Stuart’s aunt gave Harriet and Iris a book voucher for Christmas, and I ordered them a copy of Alfie’s Christmas, which came out last year. And it arrived today and I opened it at once, because this is one Christmas present we’re going to enjoy before Christmas. It’s a lovely simple story of the countdown to Christmas in Alfie’s house, and all his preparations—his advent calendar, and drawings of stars, and songs at school, baking cookies and putting up the tree. Iris is drawn to the book for the cats in the pictures, and as we were reading the book, we’re realized that she’s probably the age of Annie-Rose, precisely (and she similarly gets into boatloads of mischief).
Harriet liked the book too, which I was relieved about, because I’ve been sensing lately that she feels a bit too old for Alfie and his tales. “Isn’t he in nursery school?” she asked me the other day at the library when I’d proposed taking out one of his books. As a Senior Kindergartener, I think she regards consorting with nursery schoolers, even in literature, as kind of insulting. But I think she still does like these books as much as I do—they really are our foundational texts. And the Christmas in this particular volume won her over, so she was totally game.

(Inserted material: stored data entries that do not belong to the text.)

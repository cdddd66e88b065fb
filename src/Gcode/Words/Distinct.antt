-- ===== src/Gcode/Words/Distinct.antt =====
-- The words of an accepted block of grbl/gcode.c have different modal groups and letters.
use tele_handwriter.Base.{
  ℕ, zero, suc, ◌^◌, ◌<◌, ◌≡◌, ◌⊎◌, refl, sym, ap, subst, ◌∙◌, Bool, true, false, Bool-cases, inl,
  inr, Option, none, some, ◌==◌, if◌then◌else◌, arith, bit_and, bit_or,
}
use tele_handwriter.Base.Bits.{bit_istrue}
use tele_handwriter.Base.Bits.Laws.{test-bit_or_hit, test-bit_or_stays, bit_and_self}
use tele_handwriter.Gcode.{Result, ok, fail, Block, Numbers}
use tele_handwriter.Gcode.Commands.{Command, g_command, m_command}
use tele_handwriter.Gcode.Commands.Groups.{g_group, m_group, IsIn, g_command-IsIn, m_command-IsIn}
use tele_handwriter.Gcode.Words.{take_command, take_value, g_word, m_word, value_word, parse_word}

-- The number of a value word.
abbrev pub value_bit : ℕ → ℕ
value_bit letter =
    if letter == b'F'
    then 0
    else if letter == b'I'
    then 1
    else if letter == b'J'
    then 2
    else if letter == b'K'
    then 3
    else if letter == b'L'
    then 4
    else if letter == b'N'
    then 5
    else if letter == b'P'
    then 6
    else if letter == b'R'
    then 7
    else if letter == b'S'
    then 8
    else if letter == b'T'
    then 9
    else if letter == b'X'
    then 10
    else if letter == b'Y'
    then 11
    else 12

two_pow_pos : (n : ℕ) → 0 < 2 ^ n
two_pow_pos zero = omega arith
two_pow_pos (suc n) = omega (arith, two_pow_pos n)

power_hits : (n : ℕ) → 0 < bit_and (2 ^ n) (2 ^ n)
power_hits n = omega (arith, bit_and_self (2 ^ n), two_pow_pos n)

-- Words that only gain the bit `2 ^ n`.
grows : (x n k : ℕ) → bit_istrue x (2 ^ k) ≡ true → bit_istrue (bit_or x (2 ^ n)) (2 ^ k) ≡ true
grows x n k h = ground (arith, h, test-bit_or_stays x (2 ^ n) (2 ^ k))

hits : (x n : ℕ) → bit_istrue (bit_or x (2 ^ n)) (2 ^ n) ≡ true
hits x n = ground (arith, test-bit_or_hit x (2 ^ n) (2 ^ n) (power_hits n))

-- A word's place: among the commands by its modal group, or among the values by its letter.
abbrev pub Slot : Type 0
Slot = Bool × ℕ

module _ {ℓ} {W : Type ℓ} where
  -- The words of the block hold one in that place.
  abbrev pub seen : Slot → Block W → Bool
  seen (true, n) b = bit_istrue b.command_words (2 ^ n)
  seen (false, n) b = bit_istrue b.value_words (2 ^ n)

  -- `q` has the words of `b` and a new one.
  abbrev pub Adds : Slot → Block W → Block W → Type 0
  Adds slot b q =
      (seen slot b ≡ false)
      × (seen slot q ≡ true)
      × ((s : Slot) → seen s b ≡ true → seen s q ≡ true)

  value_word-bit :
      (numbers : Numbers W) (letter : ℕ) (value : W) (b : Block W) (bit : ℕ) (n : Block W)
      → value_word numbers letter value b ≡ some (bit, n)
      → (bit ≡ value_bit letter)
        × (n.command_words ≡ b.command_words)
        × (n.value_words ≡ b.value_words)
  unfolding value_word
  value_word-bit numbers letter value b bit n e = ground (arith, e)

  take_command-words :
      (numbers : Numbers W) (c : Command W) (q : Block W)
      → take_command numbers (ok c) ≡ ok q
      → (bit_istrue c.block.command_words (2 ^ c.word_bit) ≡ false)
        × (q.command_words ≡ bit_or c.block.command_words (2 ^ c.word_bit))
        × (q.value_words ≡ c.block.value_words)
  unfolding take_command
  take_command-words numbers c q e = ground (arith, e)

  take_value-words :
      (numbers : Numbers W) (letter : ℕ) (value : W) (bit : ℕ) (n q : Block W)
      → take_value numbers letter value (some (bit, n)) ≡ ok q
      → (bit_istrue n.value_words (2 ^ bit) ≡ false)
        × (q.value_words ≡ bit_or n.value_words (2 ^ bit))
        × (q.command_words ≡ n.command_words)
  unfolding take_value
  take_value-words numbers letter value bit n q e = ground (arith, e)

  command-Adds :
      (b q : Block W) (n : ℕ)
      → bit_istrue b.command_words (2 ^ n) ≡ false
      → q.command_words ≡ bit_or b.command_words (2 ^ n)
      → q.value_words ≡ b.value_words
      → Adds (true, n) b q
  command-Adds b q n fresh commands values =
      (fresh, ap (λ w. bit_istrue w (2 ^ n)) commands ∙ hits b.command_words n, stays)
    where
      stays : (s : Slot) → seen s b ≡ true → seen s q ≡ true
      stays (true, k) h = ap (λ w. bit_istrue w (2 ^ k)) commands ∙ grows b.command_words n k h
      stays (false, k) h = ap (λ w. bit_istrue w (2 ^ k)) values ∙ h

  value-Adds :
      (b q : Block W) (n : ℕ)
      → bit_istrue b.value_words (2 ^ n) ≡ false
      → q.value_words ≡ bit_or b.value_words (2 ^ n)
      → q.command_words ≡ b.command_words
      → Adds (false, n) b q
  value-Adds b q n fresh values commands =
      (fresh, ap (λ w. bit_istrue w (2 ^ n)) values ∙ hits b.value_words n, stays)
    where
      stays : (s : Slot) → seen s b ≡ true → seen s q ≡ true
      stays (true, k) h = ap (λ w. bit_istrue w (2 ^ k)) commands ∙ h
      stays (false, k) h = ap (λ w. bit_istrue w (2 ^ k)) values ∙ grows b.value_words n k h

  -- A command that was taken adds its group to the words of the block that it came from.
  taken-Adds :
      (numbers : Numbers W) (group : ℕ) (b q : Block W) (r : Result (Command W))
      → ((c : Command W) → r ≡ ok c → IsIn group b c)
      → take_command numbers r ≡ ok q
      → Adds (true, group) b q
  unfolding take_command
  taken-Adds numbers group b q (fail status) h e = cc
  taken-Adds numbers group b q (ok c) h e =
      let (word, commands, values) = h c refl in
      let (fresh, more, same) = take_command-words numbers c q e in
      let power : 2 ^ c.word_bit ≡ 2 ^ group = ap (λ n. 2 ^ n) word in
      command-Adds b q group (ground (arith, fresh, power, commands))
        (ground (arith, more, power, commands)) (same ∙ values)

  module _ (numbers : Numbers W) where
    -- The place of a word.
    abbrev pub slot : ℕ → W → Slot
    slot letter value =
        if letter == b'G'
        then (true, g_group (numbers.int_value value) (numbers.mantissa value))
        else if letter == b'M'
        then (true, m_group (numbers.int_value value))
        else (false, value_bit letter)

    g_word-Adds :
        (value : W) (b q : Block W)
        → g_word numbers value b ≡ ok q
        → Adds (true, g_group (numbers.int_value value) (numbers.mantissa value)) b q
    unfolding g_word
    g_word-Adds value b q e =
        let int_value = numbers.int_value value in
        let mantissa = numbers.mantissa value in
        taken-Adds numbers (g_group int_value mantissa) b q (g_command int_value mantissa b)
          (λ c h. g_command-IsIn int_value mantissa b c h) e

    m_word-taken :
        (value : W) (b q : Block W)
        → m_word numbers value b ≡ ok q
        → take_command numbers (m_command (numbers.int_value value) b) ≡ ok q
    unfolding m_word
    m_word-taken value b q e = ground (arith, e)

    m_word-Adds :
        (value : W) (b q : Block W)
        → m_word numbers value b ≡ ok q
        → Adds (true, m_group (numbers.int_value value)) b q
    m_word-Adds value b q e =
        let int_value = numbers.int_value value in
        taken-Adds numbers (m_group int_value) b q (m_command int_value b)
          (λ c h. m_command-IsIn int_value b c h) (m_word-taken value b q e)

    value_word-Adds :
        (letter : ℕ) (value : W) (b q : Block W) (o : Option (ℕ × Block W))
        → value_word numbers letter value b ≡ o
        → take_value numbers letter value o ≡ ok q
        → Adds (false, value_bit letter) b q
    unfolding take_value
    value_word-Adds letter value b q none h e = cc
    value_word-Adds letter value b q (some (bit, n)) h e =
        let (word, commands, values) = value_word-bit numbers letter value b bit n h in
        let (fresh, more, same) = take_value-words numbers letter value bit n q e in
        let power : 2 ^ bit ≡ 2 ^ value_bit letter = ap (λ k. 2 ^ k) word in
        value-Adds b q (value_bit letter) (ground (arith, fresh, power, values))
          (ground (arith, more, power, values)) (same ∙ commands)

    -- The three kinds of words.
    parse_word-kinds :
        (letter : ℕ) (value : W) (b : Block W)
        → ((parse_word numbers letter value b ≡ g_word numbers value b)
            × (slot letter value
                ≡ (true, g_group (numbers.int_value value) (numbers.mantissa value))))
          ⊎ ((parse_word numbers letter value b ≡ m_word numbers value b)
              × (slot letter value ≡ (true, m_group (numbers.int_value value))))
          ⊎ ((parse_word numbers letter value b
                ≡ take_value numbers letter value (value_word numbers letter value b))
              × (slot letter value ≡ (false, value_bit letter)))
    unfolding parse_word
    parse_word-kinds letter value b = elim (Bool-cases (letter == b'G')) [
      | inl g ↦ inl (simp g, simp g)
      | inr g ↦ elim (Bool-cases (letter == b'M')) [
        | inl m ↦ inr (inl (simp (g, m), simp (g, m)))
        | inr m ↦ inr (inr (simp (g, m), simp (g, m)))
      ]
    ]

    -- An accepted word was not yet in its place, and stands there afterwards with all the others.
    pub parse_word-Adds :
        (letter : ℕ) (value : W) (b q : Block W)
        → parse_word numbers letter value b ≡ ok q
        → Adds (slot letter value) b q
    parse_word-Adds letter value b q e = elim (parse_word-kinds letter value b) [
      | inl (same, place) ↦
          subst (λ s. Adds s b q) (sym place) (g_word-Adds value b q (sym same ∙ e))
      | inr (inl (same, place)) ↦
          subst (λ s. Adds s b q) (sym place) (m_word-Adds value b q (sym same ∙ e))
      | inr (inr (same, place)) ↦
          subst (λ s. Adds s b q) (sym place)
            (value_word-Adds letter value b q (value_word numbers letter value b) refl
              (sym same ∙ e))
    ]
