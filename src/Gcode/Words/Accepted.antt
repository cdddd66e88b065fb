-- ===== src/Gcode/Words/Accepted.antt =====
-- The text of an accepted block of grbl/gcode.c: its words, and that none repeats another.
use tele_handwriter.Base.{
  ℕ, zero, suc, ◌+◌, leb, ◌≡◌, ◌≢◌, refl, sym, ap, subst, ◌∙◌, Bool, true, false, ◌&&◌, Bool-cases,
  inl, inr, Option, none, some, List, [], ◌∷◌, ◌==◌, if◌then◌else◌, get_or, drop, length, All,
}
use mathlib.Core.Bool.{false≢true}
use tele_handwriter.Number.{Floats, read_float}
use tele_handwriter.System.Commands.{status_bad_number_format}
use tele_handwriter.Gcode.{Result, ok, fail, Modal, Block, Numbers, status_expected_command_letter}
use tele_handwriter.Gcode.Words.{parse_word, parse_words, parse_block, empty_block}
use tele_handwriter.Gcode.Words.Distinct.{Slot, slot, seen, parse_word-Adds}

module _ {ℓ} {W : Type ℓ} (numbers : Numbers W) where
  -- The words of a text from a position on, each a letter with a number; nothing else is checked.
  unfoldable pub words : Floats W → (fuel char_counter : ℕ) → List ℕ → Option (List (ℕ × W))
  words floats zero char_counter line = none
  words floats (suc fuel) char_counter line =
      let letter = get_or line char_counter 0 in
      if letter == 0
      then some []
      else elim (read_float floats (char_counter + 1) (drop (char_counter + 1) line)) [
        | none ↦ none
        | some (value, next) ↦ elim (words floats fuel next line) [
          | none ↦ none
          | some rest ↦ some ((letter, value) ∷ rest)
        ]
      ]

  -- No two words have the same place.
  abbrev pub AllDistinct : List (ℕ × W) → Type 0
  AllDistinct [] = Unit
  AllDistinct ((letter, value) ∷ rest) =
      All (λ (w : ℕ × W). slot numbers letter value ≢ slot numbers w.0 w.1) rest × AllDistinct rest

  -- The words of the list are new to the block and to each other.
  abbrev Fresh : Block W → List (ℕ × W) → Type 0
  Fresh b ws = All (λ (w : ℕ × W). seen (slot numbers w.0 w.1) b ≡ false) ws × AllDistinct ws

  -- What is not in a later block is not in an earlier one.
  fresh_before :
      (b q : Block W) (ws : List (ℕ × W))
      → ((s : Slot) → seen s b ≡ true → seen s q ≡ true)
      → All (λ (w : ℕ × W). seen (slot numbers w.0 w.1) q ≡ false) ws
      → All (λ (w : ℕ × W). seen (slot numbers w.0 w.1) b ≡ false) ws
  fresh_before b q [] grows h = tt
  fresh_before b q (w ∷ ws) grows (h, hs) =
      let place = slot numbers w.0 w.1 in
      let earlier : seen place b ≡ false = elim (Bool-cases (seen place b)) [
        | inl present ↦ absurd (false≢true (sym h ∙ grows place present))
        | inr absent ↦ absent
      ] in
      (earlier, fresh_before b q ws grows hs)

  apart :
      (place : Slot) (q : Block W) (ws : List (ℕ × W))
      → seen place q ≡ true
      → All (λ (w : ℕ × W). seen (slot numbers w.0 w.1) q ≡ false) ws
      → All (λ (w : ℕ × W). place ≢ slot numbers w.0 w.1) ws
  apart place q [] s h = tt
  apart place q (w ∷ ws) s (h, hs) =
      (λ e. false≢true (sym h ∙ ap (λ p. seen p q) (sym e) ∙ s), apart place q ws s hs)

  Fresh-cons :
      (letter : ℕ) (value : W) (b q : Block W) (ws : List (ℕ × W))
      → parse_word numbers letter value b ≡ ok q
      → Fresh q ws
      → Fresh b ((letter, value) ∷ ws)
  Fresh-cons letter value b q ws e (fresh, distinct) =
      let (first, there, grows) = parse_word-Adds numbers letter value b q e in
      (
        (first, fresh_before b q ws grows fresh),
        (apart (slot numbers letter value) q ws there fresh, distinct),
      )

  -- The rest of a round of the loop, after the number was read.
  abbrev round : Floats W → ℕ → List ℕ → ℕ → Block W → Option (W × ℕ) → Result (Block W)
  round floats fuel line letter b o = elim o [
    | none ↦ fail status_bad_number_format
    | some (value, next) ↦ elim (parse_word numbers letter value b) [
      | fail status ↦ fail status
      | ok parsed ↦ parse_words numbers floats (fail status_bad_number_format) fuel next line parsed
    ]
  ]

  -- The same for `words`.
  abbrev words_round : Floats W → ℕ → List ℕ → ℕ → Option (W × ℕ) → Option (List (ℕ × W))
  words_round floats fuel line letter o = elim o [
    | none ↦ none
    | some (value, next) ↦ elim (words floats fuel next line) [
      | none ↦ none
      | some rest ↦ some ((letter, value) ∷ rest)
    ]
  ]

  -- A text that is accepted from the block `b` on has words that are new to `b` and distinct.
  abbrev Accepts : Block W → Option (List (ℕ × W)) → Type ℓ
  Accepts b o = (ws : List (ℕ × W)) × (o ≡ some ws) × Fresh b ws

  abbrev is_letter : ℕ → Bool
  is_letter letter = leb b'A' letter && leb letter b'Z'

  parse_words-letter :
      (floats : Floats W) (fuel char_counter : ℕ) (line : List ℕ) (b : Block W)
      → (get_or line char_counter 0 == 0) ≡ false
      → is_letter (get_or line char_counter 0) ≡ true
      → parse_words numbers floats (fail status_bad_number_format) (suc fuel) char_counter line b
        ≡ round floats fuel line
            (get_or line char_counter 0)
            b
            (read_float floats (char_counter + 1) (drop (char_counter + 1) line))
  unfolding parse_words
  parse_words-letter floats fuel char_counter line b more upper = simp (more, upper)

  parse_words-other :
      (floats : Floats W) (fuel char_counter : ℕ) (line : List ℕ) (b : Block W)
      → (get_or line char_counter 0 == 0) ≡ false
      → is_letter (get_or line char_counter 0) ≡ false
      → parse_words numbers floats (fail status_bad_number_format) (suc fuel) char_counter line b
        ≡ fail status_expected_command_letter
  unfolding parse_words
  parse_words-other floats fuel char_counter line b more other = simp (more, other)

  parse_words-round :
      (floats : Floats W) (fuel char_counter : ℕ) (line : List ℕ) (b q : Block W)
      → (get_or line char_counter 0 == 0) ≡ false
      → parse_words numbers floats (fail status_bad_number_format) (suc fuel) char_counter line b
        ≡ ok q
      → round floats fuel line
          (get_or line char_counter 0)
          b
          (read_float floats (char_counter + 1) (drop (char_counter + 1) line))
        ≡ ok q
  parse_words-round floats fuel char_counter line b q more e =
      elim (Bool-cases (is_letter (get_or line char_counter 0))) [
        | inl upper ↦ sym (parse_words-letter floats fuel char_counter line b more upper) ∙ e
        | inr other ↦
            let refused = sym (parse_words-other floats fuel char_counter line b more other) ∙ e in
            cc
      ]

  words-round :
      (floats : Floats W) (fuel char_counter : ℕ) (line : List ℕ)
      → (get_or line char_counter 0 == 0) ≡ false
      → words floats (suc fuel) char_counter line
        ≡ words_round floats fuel line
            (get_or line char_counter 0)
            (read_float floats (char_counter + 1) (drop (char_counter + 1) line))
  unfolding words
  words-round floats fuel char_counter line more = simp more

  words-end :
      (floats : Floats W) (fuel char_counter : ℕ) (line : List ℕ)
      → (get_or line char_counter 0 == 0) ≡ true
      → words floats (suc fuel) char_counter line ≡ some []
  unfolding words
  words-end floats fuel char_counter line last = simp last

  -- The texts after this word are accepted as the induction says.
  module _ (floats : Floats W) (fuel : ℕ) (line : List ℕ) (q : Block W) where
    abbrev Induction : Type ℓ
    Induction =
        (next : ℕ) (parsed : Block W)
        → parse_words numbers floats (fail status_bad_number_format) fuel next line parsed ≡ ok q
        → Accepts parsed (words floats fuel next line)

    continues :
        (again : Induction) (b : Block W) (letter : ℕ) (value : W) (next : ℕ) (r : Result (Block W))
        → parse_word numbers letter value b ≡ r
        → (elim r as (λ r. Result (Block W)) [
          | fail status ↦ fail status
          | ok parsed ↦
              parse_words numbers floats (fail status_bad_number_format) fuel next line parsed
        ])
          ≡ ok q
        → Accepts b (words_round floats fuel line letter (some (value, next)))
    continues again b letter value next (fail status) h f = cc
    continues again b letter value next (ok parsed) h f =
        let (ws, same, fresh) = again next parsed f in
        (
          (letter, value) ∷ ws,
          ap (λ o. elim o [ none ↦ none | some rest ↦ some ((letter, value) ∷ rest) ]) same,
          Fresh-cons letter value b parsed ws h fresh,
        )

    ends :
        (again : Induction) (b : Block W) (letter : ℕ) (o : Option (W × ℕ))
        → round floats fuel line letter b o ≡ ok q
        → Accepts b (words_round floats fuel line letter o)
    ends again b letter none f = cc
    ends again b letter (some (value, next)) f =
        continues again b letter value next (parse_word numbers letter value b) refl f

  parse_words-Accepts :
      (floats : Floats W) (fuel char_counter : ℕ) (line : List ℕ) (b q : Block W)
      → parse_words numbers floats (fail status_bad_number_format) fuel char_counter line b ≡ ok q
      → Accepts b (words floats fuel char_counter line)
  unfolding parse_words
  parse_words-Accepts floats zero char_counter line b q e = cc
  parse_words-Accepts floats (suc fuel) char_counter line b q e =
      let letter = get_or line char_counter 0 in
      let number = read_float floats (char_counter + 1) (drop (char_counter + 1) line) in
      elim (Bool-cases (letter == 0)) [
        | inl last ↦ ([], words-end floats fuel char_counter line last, (tt, tt))
        | inr more ↦ subst (Accepts b) (sym (words-round floats fuel char_counter line more)) (
            ends floats fuel line q
              (λ next parsed. parse_words-Accepts floats fuel next line parsed q) b letter number
              (parse_words-round floats fuel char_counter line b q more e))
      ]

  -- A block that passes the first two steps of the parser consists of words, each a letter with a
  -- number, and no modal group and no value letter occurs in it twice.
  pub parse_block-AllDistinct :
      (floats : Floats W) (modal : Modal) (line : List ℕ) (q : Block W)
      → parse_block numbers floats modal line ≡ ok q
      → (ws : List (ℕ × W)) × (words floats
            (suc (length line))
            (if get_or line 0 0 == b'$' then 3 else 0)
            line
          ≡ some ws)
        × AllDistinct ws
  unfolding parse_block
  parse_block-AllDistinct floats modal line q e =
      let is_jog = get_or line 0 0 == b'$' in
      let (ws, same, fresh) =
        parse_words-Accepts floats (suc (length line)) (if is_jog then 3 else 0) line
          (empty_block numbers is_jog modal) q e in
      (ws, same, fresh.1)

It makes me sad though to think that someday Alfie might really be outgrown. It’s inevitable, of course, but it’s also kind of lonely—this wonderful world I’ve discovered through her that we won’t get to share anymore.
I feel as though Aflie’s Christmas might be one that lasts though, having taken up residence in our Christmas book box. A book that will be pulled out again every year, a process whose very appeal is nostalgia. And one day we’ll be telling a wholly different version of Iris, pointing at Annie-Rose, “Once upon a time this was you.”